Suspension is adjustable on the fly. Andrew dials it softer before hitting off-road trails and stiffer for high speed road runs. The GT3 Pro runs street tires, and Andrew is clear that serious technical off-roading is not the use case here, but you could get away with light trail riding paired with the traction control engaged.

On performance: 0 to 30 mph in 3.9 seconds, with boost mode making that delivery feel even sharper. At 50 mph, the scooter stays planted and composed. Andrew demonstrates one-handed riding at 35 to 40 mph to illustrate the stability, while explicitly not recommending anyone else do it.
What Needs to Be Better
While this is clearly a solid product to win the title of Andrew's favorite, the GT3 Pro is not without any criticisms. The turn signals have no automatic timeout, requiring a manual cancel every time. The scooter is heavy and does not lock in the folded position, making it a poor choice for anyone prioritizing portability. Regen braking comes in two settings only, weak and normal, with no strong option. Vampire drain is real: left idle without sleep mode engaged, the battery loses 30 to 40% over a month. Sleep mode in the app addresses this, but it has to be remembered and enabled. The park mode activation below 1.6 mph with kick-to-start disabled is a mild annoyance in slow speed situations, but not really a dealbreaker.

The Freshly Charged Verdict
A sponsored video where the reviewer's genuine opinion happens to align with the sponsor's interest is either a coincidence, or in this case, proof that the product earned it.
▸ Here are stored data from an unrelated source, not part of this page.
-- ===== src/Storage/Db/Background.antt =====
-- Flushes and compactions of pkg/storage/db.go do not change what is read, whatever step of them
-- fails.
use shardlands.Prelude.{
  ℕ, ◌≡◌, ◌<◌, refl, sym, ap, subst, ◌==◌, ◌∙◌, inl, inr, Bool, true, false, List, [], ◌∷◌, none,
  some, ltb, if◌then◌else◌, Bool-cases, length,
}
use shardlands.Storage.Bytes.{Bytes}
use shardlands.Storage.Memtable.{Rec, new_memtable, items}
use shardlands.Storage.Memtable.Laws.{new_memtable-IsSkipList, iter_from_empty}
use shardlands.Storage.Records.{find}
use shardlands.Storage.Merge.Least.{or_else, layered}
use shardlands.Storage.Wal.{Wal, reset}
use shardlands.Storage.Table.{Table, write_table}
use shardlands.Storage.Table.Scans.{IsTableOf, write_table-decides}
use shardlands.Storage.Db.{
  Db, Fault, no_fault, at_table, at_open, at_manifest, at_reset, at_removals, Got, ids_of, on_reset,
  with_table, write_manifest, flushed, flush_locked, replaced, compacted, compact_locked,
}
use shardlands.Storage.Db.Opening.{load_tables}
use shardlands.Storage.Db.View.{
  got_of, got_of-or_else, or_else_twice, or_else-none, AllBelow, load_tables_only,
}
use shardlands.Storage.Db.Merged.{merged-decides}
use shardlands.Storage.Db.Invariant.{
  IsDb, Represents, keep_files, no_log, with_table_lem, write_manifest_lem,
}

abbrev reset_to : Bool → Wal → Bool × Wal
reset_to b w =
    if b
    then (true, record w { file = []; failed = false })
    else (false, record w { failed = true; closed = true })

reset_gone : (opens : Bool) (w : Wal) → w.closed ≡ true → reset opens w ≡ (false, w)
unfolding reset
reset_gone opens w e = ap (λ b. if b then (false, w) else reset_to opens w) e

reset_here : (opens : Bool) (w : Wal) → w.closed ≡ false → reset opens w ≡ reset_to opens w
unfolding reset
reset_here opens w e = ap (λ b. if b then (false, w) else reset_to opens w) e

module _ (crc : Bytes → ℕ) (crc_fits : (bs : Bytes) → crc bs < 4294967296) where
  module _ (optimal : ℕ → ℕ) (draws : List ℕ) where
    on_reset_lem :
        (opens : Bool) (db : Db) (ls : List (List Rec)) (c : Bytes → Got)
        → IsDb crc crc_fits db ls c
        → ((k : Bytes) → got_of (layered k ls) ≡ c k)
        → db.manifest ≡ ids_of db.tables
        → Represents crc crc_fits (on_reset crc optimal draws (reset opens db.wal) db).1 c
    on_reset_lem opens db ls c i covered named = elim (Bool-cases db.wal.closed) [
      | inl gone ↦
          subst (λ p. Represents crc crc_fits (on_reset crc optimal draws p db).1 c)
            (sym (reset_gone opens db.wal gone))
            (ls, record { live = i.live; kept = i.kept; stored = i.stored; logged = i.logged })
      | inr here ↦
          subst (λ p. Represents crc crc_fits (on_reset crc optimal draws p db).1 c)
            (sym (reset_here opens db.wal here)) (by_opens opens)
    ]
      where
        by_opens :
            (b : Bool)
            → Represents crc crc_fits
                (on_reset crc optimal draws
                  (if b
                    then (true, record db.wal { file = []; failed = false })
                    else (false, record db.wal { failed = true; closed = true }))
                  db).1
                c
        by_opens true = (
          ls,
          record {
            live = record {
              skips = new_memtable-IsSkipList draws;
              small = unfold new_memtable in tt;
              are_tables = i.live.are_tables;
              shows = unfold new_memtable find in covered;
            };
            kept = i.kept;
            stored = record {
              tables = db.tables;
              recs = ls;
              are_tables = i.live.are_tables;
              loads = ap (λ ids. load_tables ids db.files) named ∙ i.kept.loads;
              fresh = subst (AllBelow db.next_id) (sym named) i.kept.fresh;
              shows = unfold new_memtable find in covered;
            };
            logged = no_log crc crc_fits (new_memtable draws) db.wal (unfold new_memtable in refl);
          },
        )
        by_opens false = (
          ls,
          record {
            live = i.live;
            kept = i.kept;
            stored = i.stored;
            logged = record {
              recs = i.logged.recs;
              log = record {
                front = i.logged.log.front;
                shape = i.logged.log.shape;
                cut = i.logged.log.cut;
                clean = λ e. absurd cc;
                small = i.logged.log.small;
              };
              replays = i.logged.replays;
            };
          },
        )

    flushed_lem :
        (f : Fault) (t : Table) (db : Db) (ls : List (List Rec)) (c : Bytes → Got)
        → IsTableOf crc crc_fits (items db.mem.nodes) t
        → IsDb crc crc_fits db ls c
        → Represents crc crc_fits (flushed crc optimal draws f (some t) db).1 c
    flushed_lem f t db ls c is_table i = by_fault f
      where
        l : List Rec
        l = items db.mem.nodes

        twice : (k : Bytes) → got_of (or_else (find k l) (or_else (find k l) (layered k ls))) ≡ c k
        twice k = ap got_of (or_else_twice (find k l) (layered k ls)) ∙ i.live.shows k

        next : IsDb crc crc_fits (with_table crc optimal draws t db.tables db) (l ∷ ls) c
        next =
            with_table_lem crc crc_fits optimal draws t l db.tables ls db ls c i is_table
              i.live.are_tables i.kept twice

        named :
            IsDb crc crc_fits
              (write_manifest crc optimal draws (with_table crc optimal draws t db.tables db))
              (l ∷ ls)
              c
        named =
            write_manifest_lem crc crc_fits optimal draws
              (with_table crc optimal draws t db.tables db) (l ∷ ls) c next

        by_reset :
            (b : Bool)
            → Represents crc crc_fits
                (on_reset crc optimal draws (reset b db.wal) (
                  write_manifest crc optimal draws (with_table crc optimal draws t db.tables db))).1
                c
        by_reset b =
            on_reset_lem b
              (write_manifest crc optimal draws (with_table crc optimal draws t db.tables db))
              (l ∷ ls) c named (unfold layered in i.live.shows) refl

        by_fault :
            (f : Fault) → Represents crc crc_fits (flushed crc optimal draws f (some t) db).1 c
        by_fault no_fault = by_reset true
        by_fault (at_removals goes) = by_reset true
        by_fault at_reset = by_reset false
        by_fault at_table = (ls, keep_files crc crc_fits none db ls c i)
        by_fault at_open = (ls, keep_files crc crc_fits (some t) db ls c i)
        by_fault at_manifest = (l ∷ ls, next)

    pub flush_locked-Represents :
        (f : Fault) (db : Db) (c : Bytes → Got)
        → Represents crc crc_fits db c
        → Represents crc crc_fits (flush_locked crc optimal draws f db).1 c
    unfolding flush_locked
    flush_locked-Represents f db c (ls, i) = elim (Bool-cases (db.mem.n == 0)) [
      | inl empty ↦ rw empty (ls, i)
      | inr full ↦
          let read =
            ap (write_table crc optimal db.opts.bloom_bits_per_key)
              (iter_from_empty db.mem i.live.skips) in
          elim (write_table-decides crc crc_fits optimal db.opts.bloom_bits_per_key
            (items db.mem.nodes) i.live.small i.live.skips.ascending) [
              | inl gone ↦ rw (full, read ∙ gone) (ls, keep_files crc crc_fits none db ls c i)
              | inr (t, written, is_table) ↦
                  rw (full, read ∙ written) (flushed_lem f t db ls c is_table i)
            ]
    ]

    compacted_lem :
        (f : Fault) (t : Table) (out : List Rec) (db : Db) (ls : List (List Rec)) (c : Bytes → Got)
        → IsTableOf crc crc_fits out t
        → ((k : Bytes) → got_of (find k out) ≡ got_of (layered k ls))
        → IsDb crc crc_fits db ls c
        → Represents crc crc_fits (compacted crc optimal draws f (some t) db).1 c
    compacted_lem f t out db ls c is_table reads i = by_fault f
      where
        alike :
            (k : Bytes)
            → got_of (or_else (find k (items db.mem.nodes)) (or_else (find k out) (layered k [])))
              ≡ c k
        alike k =
            unfold layered in
            (got_of-or_else (find k (items db.mem.nodes)) (or_else (find k out) none) (layered k ls)
                (ap got_of (or_else-none (find k out)) ∙ reads k)
              ∙ i.live.shows k)

        next : IsDb crc crc_fits (with_table crc optimal draws t [] db) (out ∷ []) c
        next =
            with_table_lem crc crc_fits optimal draws t out [] [] db ls c i is_table tt
              (record { loads = unfold load_tables in refl; fresh = tt }) alike

        done :
            (goes : ℕ → Bool)
            → Represents crc crc_fits
                (replaced crc optimal draws goes db (with_table crc optimal draws t [] db)).1
                c
        done goes =
            let only =
              load_tables_only goes db.next_id t (ids_of db.tables) db.files i.kept.fresh in
            (
              out ∷ [],
              record {
                live = next.live;
                kept = record { loads = only; fresh = next.kept.fresh };
                stored = record {
                  tables = (db.next_id, t) ∷ [];
                  recs = out ∷ [];
                  are_tables = (is_table, tt);
                  loads = only;
                  fresh = next.kept.fresh;
                  shows = next.live.shows;
                };
                logged = next.logged;
              },
            )

        by_fault :
            (f : Fault) → Represents crc crc_fits (compacted crc optimal draws f (some t) db).1 c
        by_fault no_fault = done (λ i. true)
        by_fault at_reset = done (λ i. true)
        by_fault (at_removals goes) = done goes
        by_fault at_table = (ls, keep_files crc crc_fits none db ls c i)
        by_fault at_open = (ls, keep_files crc crc_fits (some t) db ls c i)
        by_fault at_manifest = (out ∷ [], next)

    pub compact_locked-Represents :
        (f : Fault) (db : Db) (c : Bytes → Got)
        → Represents crc crc_fits db c
        → Represents crc crc_fits (compact_locked crc optimal draws f db).1 c
    unfolding compact_locked
    compact_locked-Represents f db c (ls, i) = elim (Bool-cases (ltb (length db.tables) 2)) [
      | inl few ↦ rw few (ls, i)
      | inr many ↦
          elim (merged-decides crc crc_fits optimal draws db.opts.bloom_bits_per_key db.tables ls
            i.live.are_tables) [
              | inl gone ↦ rw (many, gone) (ls, keep_files crc crc_fits none db ls c i)
              | inr (t, made, (out, is_table, reads)) ↦
                  rw (many, made) (compacted_lem f t out db ls c is_table reads i)
            ]
    ]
As with all of our other reviews, Andrew's track record across the fastest and most capable scooters on the market gives his preference a real foundation. After 100+ machines tested and significantly faster speeds achieved on other hardware, the scooter he keeps coming back to is capped at 50. The GT3 Pro is not the fastest, not the lightest, nor the cheapest. However, it is the most complete package Andrew has found at the intersection of performance, reliability, technology, and ride quality. Over a year after release, that position is still holding.